▼▼▼

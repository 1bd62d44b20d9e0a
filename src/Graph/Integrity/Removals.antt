-- ===== src/Graph/Integrity/Removals.antt =====
-- `delete_nodes`, `delete_edge` and `delete_edges` keep the storage intact.
use community_overview.Base.{
  ℕ, String, ◌≡◌, refl, ap, sym, ◌∙◌, Bool, true, false, some, Option-cases, inl, inr, List, [],
  ◌∷◌, arith, string_eq, nat_eq, contains, All,
}
use community_overview.Base.Dict
use community_overview.Base.Dict.{Dict, NodupKeys, get-remove}
use community_overview.Base.Dict.Bulk.{
  keys_where, holds, unless-some, remove_all, contains-keys_where, get-drop_where,
  keys_where-Distinct,
}
use community_overview.Base.Distinct.{Distinct}
use community_overview.Graph.Models.{Edge}
use community_overview.Graph.Multigraph.{MultiDiGraph, IsLawful}
use community_overview.Graph.Storage.{GraphStorage, has_key, touches, get_edge}
use community_overview.Graph.Deletion.{
  removed, touching, remove_edge, remove_edges, remove_node, detach,
}
use community_overview.Graph.Integrity.{Intact}
use community_overview.Graph.Integrity.Parts.{drop_edge, remove_edge_ok, drop_node, remove_node_ok}

All-has_key-remove :
    (k : String) (d : Dict String ℕ) (ks : List String)
    → contains ks k ≡ false
    → All (λ j. has_key j d ≡ true) ks
    → All (λ j. has_key j (Dict.remove k d) ≡ true) ks
All-has_key-remove k d [] n h = tt
All-has_key-remove k d (j ∷ ks) n h =
    ground (arith, h.0, n, get-remove j k d, All-has_key-remove k d ks)

All-keys_where :
    (p : ℕ → Bool) (d : Dict String ℕ)
    → NodupKeys d
    → All (λ j. has_key j d ≡ true) (keys_where p d)
All-keys_where p d h =
    all_of (keys_where p d) (λ j c. ground (arith, contains-keys_where p j d h, c))
  where
    all_of :
        (ks : List String)
        → ((j : String) → contains ks j ≡ true → has_key j d ≡ true)
        → All (λ j. has_key j d ≡ true) ks
    all_of [] f = tt
    all_of (k ∷ ks) f = (f k (ground arith), all_of ks (λ j c. f j (ground (arith, c))))

module _ {G : MultiDiGraph} where
  abbrev pub without : List String → G.Graph → GraphStorage G → GraphStorage G
  without ks g st = record st { graph = g; edges = remove_all ks st.edges }

  abbrev pub detached : String → G.Graph → GraphStorage G → GraphStorage G
  detached n g st = record st {
    graph = g;
    nodes = Dict.remove n st.nodes;
    edges = remove_all (touching n st.objects st.edges) st.edges;
    text_cache = Dict.remove n st.text_cache;
  }

module _ {G : MultiDiGraph} (L : IsLawful G) where
  remove_edge-Intact :
      (k : String) (r : ℕ) (st : GraphStorage G)
      → Intact st
      → Dict.get k st.edges ≡ some r
      → (g : G.Graph) × (remove_edge k st
          ≡ removed (record st { graph = g; edges = Dict.remove k st.edges }))
        × Intact (record st { graph = g; edges = Dict.remove k st.edges })
  unfolding remove_edge get_edge
  remove_edge-Intact k r st I at =
      let (e, found, p) = I.placed k r at in
      let (g, cut) =
        remove_edge_ok L st.nodes st.edges st.objects st.next st.graph I k e r at found in
      (
        g,
        rw (remove_edge, at, found, cut) refl,
        drop_edge L st.nodes st.edges st.objects st.next st.graph I k e r g at found cut,
      )

  remove_edges-Intact :
      (ks : List String) (st : GraphStorage G)
      → Intact st
      → Distinct ks
      → All (λ k. has_key k st.edges ≡ true) ks
      → (g : G.Graph) × (remove_edges ks st ≡ removed (without ks g st)) × Intact (without ks g st)
  unfolding remove_edges remove_all
  remove_edges-Intact [] st I d h = (st.graph, refl, I)
  remove_edges-Intact (k ∷ ks) st I d h = elim (Option-cases (Dict.get k st.edges)) [
    | inl z ↦ ground (arith, z, h.0)
    | inr (r, at) ↦
        let (g, cut, J) = remove_edge-Intact k r st I at in
        let st' : GraphStorage G = record st { graph = g; edges = Dict.remove k st.edges } in
        let (g', cuts, J') =
          remove_edges-Intact ks st' J d.1 (All-has_key-remove k st.edges ks d.0 h.1) in
        (g', rw (remove_edges, cut) cuts, J')
  ]

  -- What is left does not touch the node.
  left_over :
      (n k : String) (r : ℕ) (e : Edge) (st : GraphStorage G)
      → Intact st
      → Dict.get k (remove_all (touching n st.objects st.edges) st.edges) ≡ some r
      → Dict.get r st.objects ≡ some e
      → touches n e ≡ false
  left_over n k r e st I at found =
      let test : ℕ → Bool = λ q. holds (touches n) (Dict.get q st.objects) in
      let same = sym (get-drop_where test k st.edges I.edges_once) ∙ at in
      let free : test r ≡ false = (unless-some test (Dict.get k st.edges) r same).1 in
      ap (holds (touches n)) (sym found) ∙ free

  -- A node of an intact storage is detached without an exception.
  pub detach-Intact :
      (n : String) (st : GraphStorage G)
      → Intact st
      → has_key n st.nodes ≡ true
      → (g : G.Graph) × (detach n st ≡ removed (detached n g st)) × Intact (detached n g st)
  unfolding detach remove_node
  detach-Intact n st I h =
      let ks = touching n st.objects st.edges in
      let test : ℕ → Bool = λ q. holds (touches n) (Dict.get q st.objects) in
      let (g, cuts, J) =
        remove_edges-Intact ks st I (keys_where-Distinct test st.edges I.edges_once)
          (All-keys_where test st.edges I.edges_once) in
      let (g', cut) =
        remove_node_ok L st.nodes (remove_all ks st.edges) st.objects st.next g J n h in
      (
        g',
        rw (detach, cuts, remove_node, cut) refl,
        drop_node L st.nodes (remove_all ks st.edges) st.objects st.next g J n g'
            (λ k r e at found. left_over n k r e st I at found) cut,
      )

▲▲▲

• Problem details
Return each record exactly as given.

• Your solution
repository 1bd62d44b20d9e0a
filename src/Graph/Integrity/Removals.antt
-- ===== src/Graph/Integrity/Removals.antt =====
-- `delete_nodes`, `delete_edge` and `delete_edges` keep the storage intact.
use community_overview.Base.{
  ℕ, String, ◌≡◌, refl, ap, sym, ◌∙◌, Bool, true, false, some, Option-cases, inl, inr, List, [],
  ◌∷◌, arith, string_eq, nat_eq, contains, All,
}
use community_overview.Base.Dict
use community_overview.Base.Dict.{Dict, NodupKeys, get-remove}
use community_overview.Base.Dict.Bulk.{
  keys_where, holds, unless-some, remove_all, contains-keys_where, get-drop_where,
  keys_where-Distinct,
}
use community_overview.Base.Distinct.{Distinct}
use community_overview.Graph.Models.{Edge}
use community_overview.Graph.Multigraph.{MultiDiGraph, IsLawful}
use community_overview.Graph.Storage.{GraphStorage, has_key, touches, get_edge}
use community_overview.Graph.Deletion.{
  removed, touching, remove_edge, remove_edges, remove_node, detach,
}
use community_overview.Graph.Integrity.{Intact}
use community_overview.Graph.Integrity.Parts.{drop_edge, remove_edge_ok, drop_node, remove_node_ok}

All-has_key-remove :
    (k : String) (d : Dict String ℕ) (ks : List String)
    → contains ks k ≡ false
    → All (λ j. has_key j d ≡ true) ks
    → All (λ j. has_key j (Dict.remove k d) ≡ true) ks
All-has_key-remove k d [] n h = tt
All-has_key-remove k d (j ∷ ks) n h =
    ground (arith, h.0, n, get-remove j k d, All-has_key-remove k d ks)

All-keys_where :
    (p : ℕ → Bool) (d : Dict String ℕ)
    → NodupKeys d
    → All (λ j. has_key j d ≡ true) (keys_where p d)
All-keys_where p d h =
    all_of (keys_where p d) (λ j c. ground (arith, contains-keys_where p j d h, c))
  where
    all_of :
        (ks : List String)
        → ((j : String) → contains ks j ≡ true → has_key j d ≡ true)
        → All (λ j. has_key j d ≡ true) ks
    all_of [] f = tt
    all_of (k ∷ ks) f = (f k (ground arith), all_of ks (λ j c. f j (ground (arith, c))))

module _ {G : MultiDiGraph} where
  abbrev pub without : List String → G.Graph → GraphStorage G → GraphStorage G
  without ks g st = record st { graph = g; edges = remove_all ks st.edges }

  abbrev pub detached : String → G.Graph → GraphStorage G → GraphStorage G
  detached n g st = record st {
    graph = g;
    nodes = Dict.remove n st.nodes;
    edges = remove_all (touching n st.objects st.edges) st.edges;
    text_cache = Dict.remove n st.text_cache;
  }

module _ {G : MultiDiGraph} (L : IsLawful G) where
  remove_edge-Intact :
      (k : String) (r : ℕ) (st : GraphStorage G)
      → Intact st
      → Dict.get k st.edges ≡ some r
      → (g : G.Graph) × (remove_edge k st
          ≡ removed (record st { graph = g; edges = Dict.remove k st.edges }))
        × Intact (record st { graph = g; edges = Dict.remove k st.edges })
  unfolding remove_edge get_edge
  remove_edge-Intact k r st I at =
      let (e, found, p) = I.placed k r at in
      let (g, cut) =
        remove_edge_ok L st.nodes st.edges st.objects st.next st.graph I k e r at found in
      (
        g,
        rw (remove_edge, at, found, cut) refl,
        drop_edge L st.nodes st.edges st.objects st.next st.graph I k e r g at found cut,
      )

  remove_edges-Intact :
      (ks : List String) (st : GraphStorage G)
      → Intact st
      → Distinct ks
      → All (λ k. has_key k st.edges ≡ true) ks
      → (g : G.Graph) × (remove_edges ks st ≡ removed (without ks g st)) × Intact (without ks g st)
  unfolding remove_edges remove_all
  remove_edges-Intact [] st I d h = (st.graph, refl, I)
  remove_edges-Intact (k ∷ ks) st I d h = elim (Option-cases (Dict.get k st.edges)) [
    | inl z ↦ ground (arith, z, h.0)
    | inr (r, at) ↦
        let (g, cut, J) = remove_edge-Intact k r st I at in
        let st' : GraphStorage G = record st { graph = g; edges = Dict.remove k st.edges } in
        let (g', cuts, J') =
          remove_edges-Intact ks st' J d.1 (All-has_key-remove k st.edges ks d.0 h.1) in
        (g', rw (remove_edges, cut) cuts, J')
  ]

  -- What is left does not touch the node.
  left_over :
      (n k : String) (r : ℕ) (e : Edge) (st : GraphStorage G)
      → Intact st
      → Dict.get k (remove_all (touching n st.objects st.edges) st.edges) ≡ some r
      → Dict.get r st.objects ≡ some e
      → touches n e ≡ false
  left_over n k r e st I at found =
      let test : ℕ → Bool = λ q. holds (touches n) (Dict.get q st.objects) in
      let same = sym (get-drop_where test k st.edges I.edges_once) ∙ at in
      let free : test r ≡ false = (unless-some test (Dict.get k st.edges) r same).1 in
      ap (holds (touches n)) (sym found) ∙ free

  -- A node of an intact storage is detached without an exception.
  pub detach-Intact :
      (n : String) (st : GraphStorage G)
      → Intact st
      → has_key n st.nodes ≡ true
      → (g : G.Graph) × (detach n st ≡ removed (detached n g st)) × Intact (detached n g st)
  unfolding detach remove_node
  detach-Intact n st I h =
      let ks = touching n st.objects st.edges in
      let test : ℕ → Bool = λ q. holds (touches n) (Dict.get q st.objects) in
      let (g, cuts, J) =
        remove_edges-Intact ks st I (keys_where-Distinct test st.edges I.edges_once)
          (All-keys_where test st.edges I.edges_once) in
      let (g', cut) =
        remove_node_ok L st.nodes (remove_all ks st.edges) st.objects st.next g J n h in
      (
        g',
        rw (detach, cuts, remove_node, cut) refl,
        drop_node L st.nodes (remove_all ks st.edges) st.objects st.next g J n g'
            (λ k r e at found. left_over n k r e st I at found) cut,
      )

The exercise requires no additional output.